### Are you ready to twist a little bit more your brain?

As always, the goal is to strengthen your brain. Additionally, this post complements a previous one on how to add and subtract mentally. If you master this post too, you will be ready to perform mentally most of your daily life calculations.

The exercises of this post are going to **strengthen your brain in several points**:

- First, your
**working memory**will be challenged. A lot! - Second, if you want, you can
**train at the same time the memory techniques**that are a base of the memory techniques (as explained in this post). - Third, you will have to
**focus**specially for the large multiplications.

### The Technique

The techniques explained below build on a previous post explaining the techniques to add and subtract two numbers. If you haven’t performed the training explained in that post, go there and do it before continuing.

First I will describe how to multiply a number of any number of digits times another number of a single digit (for example 345 times 6). Then I will show you how to multiply two numbers of any number of digits (for example 345 times 69).

#### Multiplication

**1. Multiplying a number of more than one digits by another of only one digit**

The method is similar to addition:

- Let’s assume we want to multiply 345 times 6.
- First step, is to decompose the big number into its units, that is units, tens, hundreds,…

345 = 300 + 40 + 5

- Then we multiply each unit number by the smaller number, and memorize the results.
**Optional**: you can use the memory technique explained here to memorize the results.

300 * 6 = 1800 (optional: memorize as *dove-**sow*)

40 * 6 = 240 (optional: memorize as *nero-sow*)

5 * 6 = 30 (optional: memorize as *mule*)

- Then we add each of those numbers in one step each. At each step we add the superior one with the next number. Always start by the largest. Use the mental addition technique to perform the additions

1800 + 240 = 2040

2040 + 30 = 2070

**Final result: **2070

**2. Multiplying two numbers of any number of digits**

When the numbers to multiply are both greater than 10 then a different method is required. Basically consists of decomposing the whole multiplication into a series of simpler multiplications with additions, writting the remaining into the result. Let me explain it with an example.

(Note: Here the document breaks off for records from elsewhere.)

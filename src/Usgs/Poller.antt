-- ===== src/Usgs/Poller.antt =====
-- `Poller` of services/ingestion-usgs/src/ingestion_usgs/poller.py. The logs and the latency
-- histogram are left out.
use sentinel_chain.Base.{
  ℕ, zero, ◌+◌, String, str_eq, Bool, true, false, ◌&&◌, Option, none, some, List, [], ◌∷◌, ◌++◌,
  if◌then◌else◌, length, ◌==◌, not,
}
use sentinel_chain.Base.Int.{ℤ, pos, negsuc, max_ℤ}
use sentinel_chain.Base.Result.{Result, ok, err}
use sentinel_chain.Base.Exec.{Exec, pure, raise, gets, lift, modify, ◌>>=◌, ◌>>◌, for_each}
use sentinel_chain.Base.Runtime.{Runtime, value_error}
use sentinel_chain.Base.Json.{Fields}
use sentinel_chain.Usgs.Parser.{UsgsEvent, FeatureParseError, Gathered, parse_feed}
use sentinel_chain.Usgs.Event.{source_version, payload, payload_hash}
use sentinel_chain.Usgs.Quality.{check_event}
use sentinel_chain.Usgs.Cursor.{marker_for}
use sentinel_chain.Usgs.System.{
  Raised, external, std, feature, System, Metrics, PollState, Poll, from_outside, from_std,
  from_parse, on_env, on_store,
}
use sentinel_chain.Usgs.Producer.{contains, produce_event, produce_data_quality, flush_and_confirm}
pub mod Account
pub mod Safety
pub mod Markers
pub mod Dedup
pub mod Again
pub mod Reliable
pub mod Returns
pub mod Queue
pub mod Complete
pub mod Failure
mod Tests

pub record PollStats : Type 0 where
  pub fetched : ℕ
  pub produced : ℕ
  pub duplicates : ℕ
  pub invalid : ℕ
  pub undelivered : ℕ

-- `PollStats(fetched=n)`
abbrev pub start_stats : ℕ → PollStats
start_stats n = record { fetched = n; produced = 0; duplicates = 0; invalid = 0; undelivered = 0 }

abbrev pub is_empty {ℓ} : {A : Type ℓ} → List A → Bool
is_empty [] = true
is_empty (x ∷ xs) = false

abbrev pub is_zero_ℤ : ℤ → Bool
is_zero_ℤ (pos n) = n == 0
is_zero_ℤ (negsuc n) = false

-- `cursor or 0`
abbrev pub or_zero : Option ℤ → ℤ
or_zero none = pos 0
or_zero (some n) = n

-- `seen == marker`
abbrev pub is_marker : Option String → String → Bool
is_marker none marker = false
is_marker (some seen) marker = str_eq seen marker

-- A produced event that waits for its acknowledgement: its id, marker and update time.
abbrev pub Pending : Type 0
Pending = String × String × ℤ

-- `FeatureParseError` is a `ValueError`.
abbrev pub is_value_error : {R : Runtime} {X : Type 0} → Raised R X → Bool
is_value_error (feature e) = true
is_value_error (std value_error) = true
is_value_error _ = false

module _ {R : Runtime} {X : Type 0} (sys : System R X) where
  -- `counter.inc(…)` and `gauge.set(…)`
  unfoldable pub count : (Metrics R → Metrics R) → Poll sys (Unit {0})
  count f = modify (λ s. record s { metrics = f s.metrics })

  -- the body of the loop over the parse errors
  unfoldable pub report_error : FeatureParseError R.Float → PollStats → Poll sys PollStats
  report_error e stats = do
    produce_data_quality sys e.source_event_id (sys.show_message e.message ∷ []) none
    pure (record stats { invalid = stats.invalid + 1 })

  reject_event :
      UsgsEvent R → List String → PollStats × List Pending → Poll sys (PollStats × List Pending)
  reject_event event reasons (stats, pending) = do
    body ← lift (from_std (payload R event))
    produce_data_quality sys (some event.source_event_id) reasons (some body)
    pure (record stats { invalid = stats.invalid + 1 }, pending)

  -- `int(event.updated_time.timestamp() * 1000)`
  abbrev pub updated_ms : UsgsEvent R → ℤ
  updated_ms event = R.trunc (R.mul_f (R.timestamp event.updated_time) (R.lit (pos 1000) 0))

  produce_new :
      UsgsEvent R → String → PollStats × List Pending → Poll sys (PollStats × List Pending)
  produce_new event marker (stats, pending) = do
    produce_event sys event
    pure (stats, pending ++ (event.source_event_id, marker, updated_ms event) ∷ [])

  accept_event : UsgsEvent R → PollStats × List Pending → Poll sys (PollStats × List Pending)
  unfolding produce_new
  accept_event event (stats, pending) = do
    version ← lift (from_std (source_version R event))
    hash ← lift (from_std (payload_hash R sys.dumps sys.sha256 event))
    let marker = marker_for version hash
    seen ← on_store sys (sys.store.seen_marker event.source_event_id)
    if is_marker seen marker
        then pure (record stats { duplicates = stats.duplicates + 1 }, pending)
        else produce_new event marker (stats, pending)

  -- the body of the loop over the events
  unfoldable pub visit_event :
      R.Datetime → UsgsEvent R → PollStats × List Pending → Poll sys (PollStats × List Pending)
  unfolding reject_event accept_event
  visit_event now event acc =
      let reasons = check_event R event now sys.future_tolerance in
      if is_empty reasons then accept_event event acc else reject_event event reasons acc

  -- the body of the loop over the pending events
  unfoldable pub confirm : List String → Pending → PollStats × ℤ → Poll sys (PollStats × ℤ)
  confirm delivered (id, marker, updated) (stats, newest) =
      if contains id delivered
      then (do
        on_store sys (sys.store.record_marker id marker)
        pure (record stats { produced = stats.produced + 1 }, max_ℤ newest updated))
      else pure (stats, newest)

  -- the end of the last block
  pub save_cursor : R.Datetime → ℤ → Poll sys (Unit {0})
  save_cursor now newest = if is_zero_ℤ newest then pure tt else (do
    on_store sys (sys.store.set_cursor_ms newest)
    x ← lift (from_std (R.of_int newest))
    count (λ m. record m {
      cursor_lag = some (R.sub_f (R.timestamp now) (R.div_f x (R.lit (pos 1000) 0)));
    }))

  -- the block under `if pending or stats.invalid`
  unfoldable pub commit : R.Datetime → PollStats → List Pending → Poll sys PollStats
  unfolding confirm save_cursor
  commit now stats pending = do
    outcome ← flush_and_confirm sys
    cursor ← on_store sys sys.store.get_cursor_ms
    result ←
        for_each (confirm outcome.0) pending
          (record stats { undelivered = outcome.1 }, or_zero cursor)
    count (λ m. record m { records_produced_total = m.records_produced_total + result.0.produced })
    save_cursor now result.1
    pure result.0

  -- `_process`, once the feed is parsed
  unfoldable pub process_parsed : Gathered R → Poll sys PollStats
  unfolding report_error visit_event commit
  process_parsed (events, errors) = do
    let fetched = length events + length errors
    count (λ m. record m { records_fetched_total = m.records_fetched_total + fetched })
    stats ← for_each report_error errors (start_stats fetched)
    now ← on_env sys sys.utcnow
    visited ← for_each (visit_event now) events (stats, [])
    count (λ m. record m {
      records_invalid_total = m.records_invalid_total + visited.0.invalid;
      records_duplicate_total = m.records_duplicate_total + visited.0.duplicates;
    })
    if is_empty visited.1 && (visited.0.invalid == 0)
        then pure visited.0
        else commit now visited.0 visited.1

  abbrev pub count_failure : Poll sys (Unit {0})
  count_failure = count (λ m. record m { poll_failure_total = m.poll_failure_total + 1 })

  after_parse : Result (Raised R X) (Gathered R) → Poll sys PollStats
  unfolding process_parsed
  after_parse (ok gathered) = process_parsed gathered
  after_parse (err e) = if is_value_error e then count_failure >> raise e else raise e

  -- `_process`
  unfoldable pub process : Fields R.Float → Poll sys PollStats
  unfolding after_parse
  process body = after_parse (from_parse (parse_feed R body))

  after_fetch : Result X (Fields R.Float) → Poll sys PollStats
  unfolding process
  after_fetch (ok body) = process body
  after_fetch (err x) =
      if sys.is_exception x then count_failure >> raise (external x) else raise (external x)

  -- `poll_once`
  unfoldable pub poll_once : Poll sys PollStats
  unfolding after_fetch
  poll_once = do
    count (λ m. record m { poll_total = m.poll_total + 1 })
    fetched ← on_env sys sys.fetch_feed
    after_fetch fetched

Let’s say we have to multiply 56 times 92

- First, multiply 2 times 6. The result is 12, so I write in the answer 2 and keep 1 for the next operation

2 x 6 = 12 (say *two, *and remeber *one* to carry)

- Then we multiply 2 times 5 plus the 1 I kept from previous operation. This is 11.

2 x 5 + 1 = 11

- Then we multiply 9 times 6 and add the previous 11. This makes 65, so I write 5 and keep 6 for the next operation.

9 x 6 + 11 = 65 ( say *five two*, and carry *six*)

- Finally we multiply 9 times 5 and add the previous 6. This makes 51, so I write this as the final part of the answer.

9 x 5 + 6 = 51 (say *five one five two*)

**Final result**: 5152

#### Division

The division technique is a little different. In this post I am going to explain **how to perform divisions of a number with any number of digits by another of a single digit**.

Lets assume we are going to divide 163 by 7

- First, we should figure out how many digits will have the result. For that, we take the single digit number (7) and multiply it by 10, 100, 1000, etc until we find the number that multiplied by the single digit is greater than the number with more digits (163). Once reached that result, we will know for sure that the result will have as many digits as zeroes has the las multiplication.

7 x 10 = 70 which is smaller than 163

7 x 100 = 700 which is larger than 163

The result will have then two digits (because 100 has two zeroes)

- Determine the largest multiple of 10 that when multiplied by the one digit number (7), the answer is below the number with more digits (163). Hence, the answer should be in the range of that multiple.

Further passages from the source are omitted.